GIVEN DATA:

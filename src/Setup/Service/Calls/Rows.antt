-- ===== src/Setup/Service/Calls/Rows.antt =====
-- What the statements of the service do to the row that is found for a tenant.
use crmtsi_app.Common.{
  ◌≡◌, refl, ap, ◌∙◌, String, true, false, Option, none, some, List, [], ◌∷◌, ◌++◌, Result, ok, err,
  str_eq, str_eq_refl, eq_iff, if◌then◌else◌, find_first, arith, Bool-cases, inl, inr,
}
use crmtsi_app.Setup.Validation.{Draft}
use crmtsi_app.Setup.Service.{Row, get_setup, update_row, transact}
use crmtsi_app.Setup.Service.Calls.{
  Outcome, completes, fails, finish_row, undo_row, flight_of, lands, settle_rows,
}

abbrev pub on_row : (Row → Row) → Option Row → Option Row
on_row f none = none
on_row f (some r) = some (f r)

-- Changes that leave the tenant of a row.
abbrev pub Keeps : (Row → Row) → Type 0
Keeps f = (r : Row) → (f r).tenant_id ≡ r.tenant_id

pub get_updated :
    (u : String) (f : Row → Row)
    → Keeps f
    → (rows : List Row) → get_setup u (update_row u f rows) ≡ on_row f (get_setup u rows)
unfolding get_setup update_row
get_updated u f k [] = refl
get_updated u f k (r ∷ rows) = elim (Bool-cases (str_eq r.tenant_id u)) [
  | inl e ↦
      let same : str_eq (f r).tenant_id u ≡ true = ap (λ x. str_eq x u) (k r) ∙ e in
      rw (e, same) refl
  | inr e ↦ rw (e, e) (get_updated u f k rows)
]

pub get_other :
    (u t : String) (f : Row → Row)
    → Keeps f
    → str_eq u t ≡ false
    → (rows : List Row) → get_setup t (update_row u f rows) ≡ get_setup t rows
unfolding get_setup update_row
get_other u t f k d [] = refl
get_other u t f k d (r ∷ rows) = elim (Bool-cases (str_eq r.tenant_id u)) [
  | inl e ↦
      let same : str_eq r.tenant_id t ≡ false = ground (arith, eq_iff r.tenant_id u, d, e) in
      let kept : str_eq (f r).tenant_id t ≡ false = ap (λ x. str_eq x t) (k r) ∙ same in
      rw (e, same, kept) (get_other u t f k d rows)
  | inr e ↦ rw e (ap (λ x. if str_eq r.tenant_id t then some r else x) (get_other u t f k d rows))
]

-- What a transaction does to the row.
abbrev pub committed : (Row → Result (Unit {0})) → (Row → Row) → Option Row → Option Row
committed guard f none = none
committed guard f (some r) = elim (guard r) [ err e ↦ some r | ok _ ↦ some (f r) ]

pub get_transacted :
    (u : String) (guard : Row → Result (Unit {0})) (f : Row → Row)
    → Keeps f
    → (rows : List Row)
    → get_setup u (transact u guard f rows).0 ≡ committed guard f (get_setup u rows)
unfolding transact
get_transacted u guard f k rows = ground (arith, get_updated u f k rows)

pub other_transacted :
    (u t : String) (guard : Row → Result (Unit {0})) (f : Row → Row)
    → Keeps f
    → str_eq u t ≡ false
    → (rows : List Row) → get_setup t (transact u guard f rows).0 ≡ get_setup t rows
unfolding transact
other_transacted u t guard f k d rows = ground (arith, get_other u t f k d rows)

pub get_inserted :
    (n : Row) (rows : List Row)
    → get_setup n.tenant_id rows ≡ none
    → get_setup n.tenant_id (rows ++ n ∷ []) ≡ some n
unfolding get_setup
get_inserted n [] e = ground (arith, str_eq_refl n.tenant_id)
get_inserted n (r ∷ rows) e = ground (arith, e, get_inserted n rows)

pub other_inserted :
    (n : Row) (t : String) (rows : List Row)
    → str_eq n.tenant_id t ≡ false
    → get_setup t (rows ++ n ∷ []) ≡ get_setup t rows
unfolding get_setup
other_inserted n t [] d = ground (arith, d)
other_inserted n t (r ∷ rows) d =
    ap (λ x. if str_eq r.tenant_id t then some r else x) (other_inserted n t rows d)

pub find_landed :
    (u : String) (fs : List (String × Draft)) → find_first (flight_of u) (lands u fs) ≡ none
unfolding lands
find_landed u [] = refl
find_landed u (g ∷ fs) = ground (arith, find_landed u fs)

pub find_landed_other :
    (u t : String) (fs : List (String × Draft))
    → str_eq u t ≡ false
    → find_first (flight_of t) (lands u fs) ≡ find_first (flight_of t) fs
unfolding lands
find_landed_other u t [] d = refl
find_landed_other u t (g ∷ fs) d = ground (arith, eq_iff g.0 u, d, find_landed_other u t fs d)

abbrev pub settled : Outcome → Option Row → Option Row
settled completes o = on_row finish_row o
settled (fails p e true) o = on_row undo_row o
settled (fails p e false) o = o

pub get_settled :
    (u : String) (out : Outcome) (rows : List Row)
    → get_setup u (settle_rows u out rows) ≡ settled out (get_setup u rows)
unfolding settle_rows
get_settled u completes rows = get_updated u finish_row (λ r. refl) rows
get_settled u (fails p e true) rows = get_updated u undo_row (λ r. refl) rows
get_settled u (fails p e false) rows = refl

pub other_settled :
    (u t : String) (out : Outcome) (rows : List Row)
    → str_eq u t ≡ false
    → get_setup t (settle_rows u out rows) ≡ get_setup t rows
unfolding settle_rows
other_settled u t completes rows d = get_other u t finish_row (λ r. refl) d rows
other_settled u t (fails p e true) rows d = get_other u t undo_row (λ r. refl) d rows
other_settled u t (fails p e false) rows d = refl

* * *

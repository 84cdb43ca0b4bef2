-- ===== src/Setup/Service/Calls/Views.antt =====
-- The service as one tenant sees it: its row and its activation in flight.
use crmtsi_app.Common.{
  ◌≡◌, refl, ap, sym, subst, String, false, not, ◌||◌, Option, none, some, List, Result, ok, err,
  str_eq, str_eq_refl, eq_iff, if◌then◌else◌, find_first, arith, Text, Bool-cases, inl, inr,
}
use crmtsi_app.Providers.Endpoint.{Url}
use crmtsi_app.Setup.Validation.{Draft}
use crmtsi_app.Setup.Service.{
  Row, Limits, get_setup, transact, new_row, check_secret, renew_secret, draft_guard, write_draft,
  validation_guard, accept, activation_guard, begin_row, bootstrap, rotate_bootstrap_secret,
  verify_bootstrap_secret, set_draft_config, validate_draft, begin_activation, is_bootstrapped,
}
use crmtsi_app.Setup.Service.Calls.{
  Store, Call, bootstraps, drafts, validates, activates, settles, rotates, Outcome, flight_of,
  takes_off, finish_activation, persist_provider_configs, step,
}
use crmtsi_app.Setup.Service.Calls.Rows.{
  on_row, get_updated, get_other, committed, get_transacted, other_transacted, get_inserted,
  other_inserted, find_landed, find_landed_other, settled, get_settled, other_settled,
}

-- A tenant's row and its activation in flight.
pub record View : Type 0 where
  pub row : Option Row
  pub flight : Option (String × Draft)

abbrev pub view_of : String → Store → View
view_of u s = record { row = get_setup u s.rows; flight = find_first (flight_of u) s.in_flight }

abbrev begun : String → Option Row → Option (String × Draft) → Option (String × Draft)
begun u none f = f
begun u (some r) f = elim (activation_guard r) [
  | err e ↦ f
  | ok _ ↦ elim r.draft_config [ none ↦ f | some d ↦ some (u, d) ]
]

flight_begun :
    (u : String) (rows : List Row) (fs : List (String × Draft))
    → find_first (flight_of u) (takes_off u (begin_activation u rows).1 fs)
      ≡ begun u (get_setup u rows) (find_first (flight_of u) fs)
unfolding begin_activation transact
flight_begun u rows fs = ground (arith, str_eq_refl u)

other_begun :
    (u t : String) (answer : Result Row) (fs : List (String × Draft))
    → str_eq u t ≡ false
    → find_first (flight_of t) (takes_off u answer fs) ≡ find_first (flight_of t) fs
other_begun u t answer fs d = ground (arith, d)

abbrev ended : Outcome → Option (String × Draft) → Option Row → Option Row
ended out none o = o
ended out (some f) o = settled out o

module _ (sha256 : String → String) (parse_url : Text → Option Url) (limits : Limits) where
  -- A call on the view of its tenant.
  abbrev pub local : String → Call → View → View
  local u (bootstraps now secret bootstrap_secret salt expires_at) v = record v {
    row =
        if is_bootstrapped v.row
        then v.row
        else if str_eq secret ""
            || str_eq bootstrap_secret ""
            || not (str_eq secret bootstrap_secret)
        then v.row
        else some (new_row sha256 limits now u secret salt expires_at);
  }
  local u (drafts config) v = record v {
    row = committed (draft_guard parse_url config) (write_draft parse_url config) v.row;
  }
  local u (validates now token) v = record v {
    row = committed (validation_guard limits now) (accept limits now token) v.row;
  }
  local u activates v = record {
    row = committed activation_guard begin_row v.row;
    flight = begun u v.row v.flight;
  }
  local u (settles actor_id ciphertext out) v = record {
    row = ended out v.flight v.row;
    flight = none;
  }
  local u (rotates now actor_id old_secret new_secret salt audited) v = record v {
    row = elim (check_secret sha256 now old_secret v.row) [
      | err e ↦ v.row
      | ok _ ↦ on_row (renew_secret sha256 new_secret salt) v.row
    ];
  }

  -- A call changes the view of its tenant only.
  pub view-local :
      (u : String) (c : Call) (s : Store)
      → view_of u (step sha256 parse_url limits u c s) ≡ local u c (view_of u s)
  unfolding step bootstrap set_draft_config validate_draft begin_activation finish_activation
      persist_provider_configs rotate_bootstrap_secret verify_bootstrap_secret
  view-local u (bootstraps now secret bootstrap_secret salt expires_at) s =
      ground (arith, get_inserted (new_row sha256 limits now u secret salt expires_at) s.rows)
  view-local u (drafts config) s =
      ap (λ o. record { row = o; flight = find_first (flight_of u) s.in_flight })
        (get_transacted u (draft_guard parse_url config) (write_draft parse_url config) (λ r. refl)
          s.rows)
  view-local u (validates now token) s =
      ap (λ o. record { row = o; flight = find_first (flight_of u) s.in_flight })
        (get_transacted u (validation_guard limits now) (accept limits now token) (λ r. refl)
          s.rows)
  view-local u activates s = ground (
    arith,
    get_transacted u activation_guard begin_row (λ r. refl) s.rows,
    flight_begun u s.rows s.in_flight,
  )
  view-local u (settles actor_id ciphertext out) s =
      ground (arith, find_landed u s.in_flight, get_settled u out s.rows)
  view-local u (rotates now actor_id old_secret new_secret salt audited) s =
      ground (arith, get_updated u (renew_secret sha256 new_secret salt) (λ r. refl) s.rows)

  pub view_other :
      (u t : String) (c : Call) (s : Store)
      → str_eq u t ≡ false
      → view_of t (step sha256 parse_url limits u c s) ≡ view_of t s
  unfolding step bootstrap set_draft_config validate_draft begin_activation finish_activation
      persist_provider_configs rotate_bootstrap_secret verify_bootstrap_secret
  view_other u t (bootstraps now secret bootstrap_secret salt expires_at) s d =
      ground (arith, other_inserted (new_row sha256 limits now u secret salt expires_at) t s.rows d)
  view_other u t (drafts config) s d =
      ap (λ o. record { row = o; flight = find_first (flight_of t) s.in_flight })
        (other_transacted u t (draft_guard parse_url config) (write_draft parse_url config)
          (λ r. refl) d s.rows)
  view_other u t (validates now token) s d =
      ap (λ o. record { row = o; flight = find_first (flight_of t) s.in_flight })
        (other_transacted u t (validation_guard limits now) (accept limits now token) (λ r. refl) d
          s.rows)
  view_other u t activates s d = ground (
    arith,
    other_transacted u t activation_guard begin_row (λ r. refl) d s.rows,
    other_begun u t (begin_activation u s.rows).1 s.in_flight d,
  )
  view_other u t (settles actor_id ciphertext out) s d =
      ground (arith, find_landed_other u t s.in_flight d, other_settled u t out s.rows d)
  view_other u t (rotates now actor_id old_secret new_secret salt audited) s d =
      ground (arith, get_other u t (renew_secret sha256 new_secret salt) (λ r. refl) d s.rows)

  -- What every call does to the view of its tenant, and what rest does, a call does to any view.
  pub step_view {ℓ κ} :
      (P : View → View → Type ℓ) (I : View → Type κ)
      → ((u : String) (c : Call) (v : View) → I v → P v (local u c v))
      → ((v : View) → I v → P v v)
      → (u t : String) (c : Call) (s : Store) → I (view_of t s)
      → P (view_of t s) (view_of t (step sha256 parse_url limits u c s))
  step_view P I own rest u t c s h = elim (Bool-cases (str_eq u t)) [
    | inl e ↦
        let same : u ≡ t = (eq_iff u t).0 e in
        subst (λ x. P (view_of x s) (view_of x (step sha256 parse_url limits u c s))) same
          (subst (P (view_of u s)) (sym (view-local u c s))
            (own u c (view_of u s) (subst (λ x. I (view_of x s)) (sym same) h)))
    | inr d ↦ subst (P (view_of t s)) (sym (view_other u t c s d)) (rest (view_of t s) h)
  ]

TASK DETAILS:
From the data above, return every line from the line that has "(u t : String) (f : Row → Row)" up to and including the line that has "(u : String) (guard", exactly.

ANSWER AREA:
    (u t : String) (f : Row → Row)
    → Keeps f
    → str_eq u t ≡ false
    → (rows : List Row) → get_setup t (update_row u f rows) ≡ get_setup t rows
unfolding get_setup update_row
get_other u t f k d [] = refl
get_other u t f k d (r ∷ rows) = elim (Bool-cases (str_eq r.tenant_id u)) [
  | inl e ↦
      let same : str_eq r.tenant_id t ≡ false = ground (arith, eq_iff r.tenant_id u, d, e) in
      let kept : str_eq (f r).tenant_id t ≡ false = ap (λ x. str_eq x t) (k r) ∙ same in
      rw (e, same, kept) (get_other u t f k d rows)
  | inr e ↦ rw e (ap (λ x. if str_eq r.tenant_id t then some r else x) (get_other u t f k d rows))
]

-- What a transaction does to the row.
abbrev pub committed : (Row → Result (Unit {0})) → (Row → Row) → Option Row → Option Row
committed guard f none = none
committed guard f (some r) = elim (guard r) [ err e ↦ some r | ok _ ↦ some (f r) ]

pub get_transacted :
    (u : String) (guard : Row → Result (Unit {0})) (f : Row → Row)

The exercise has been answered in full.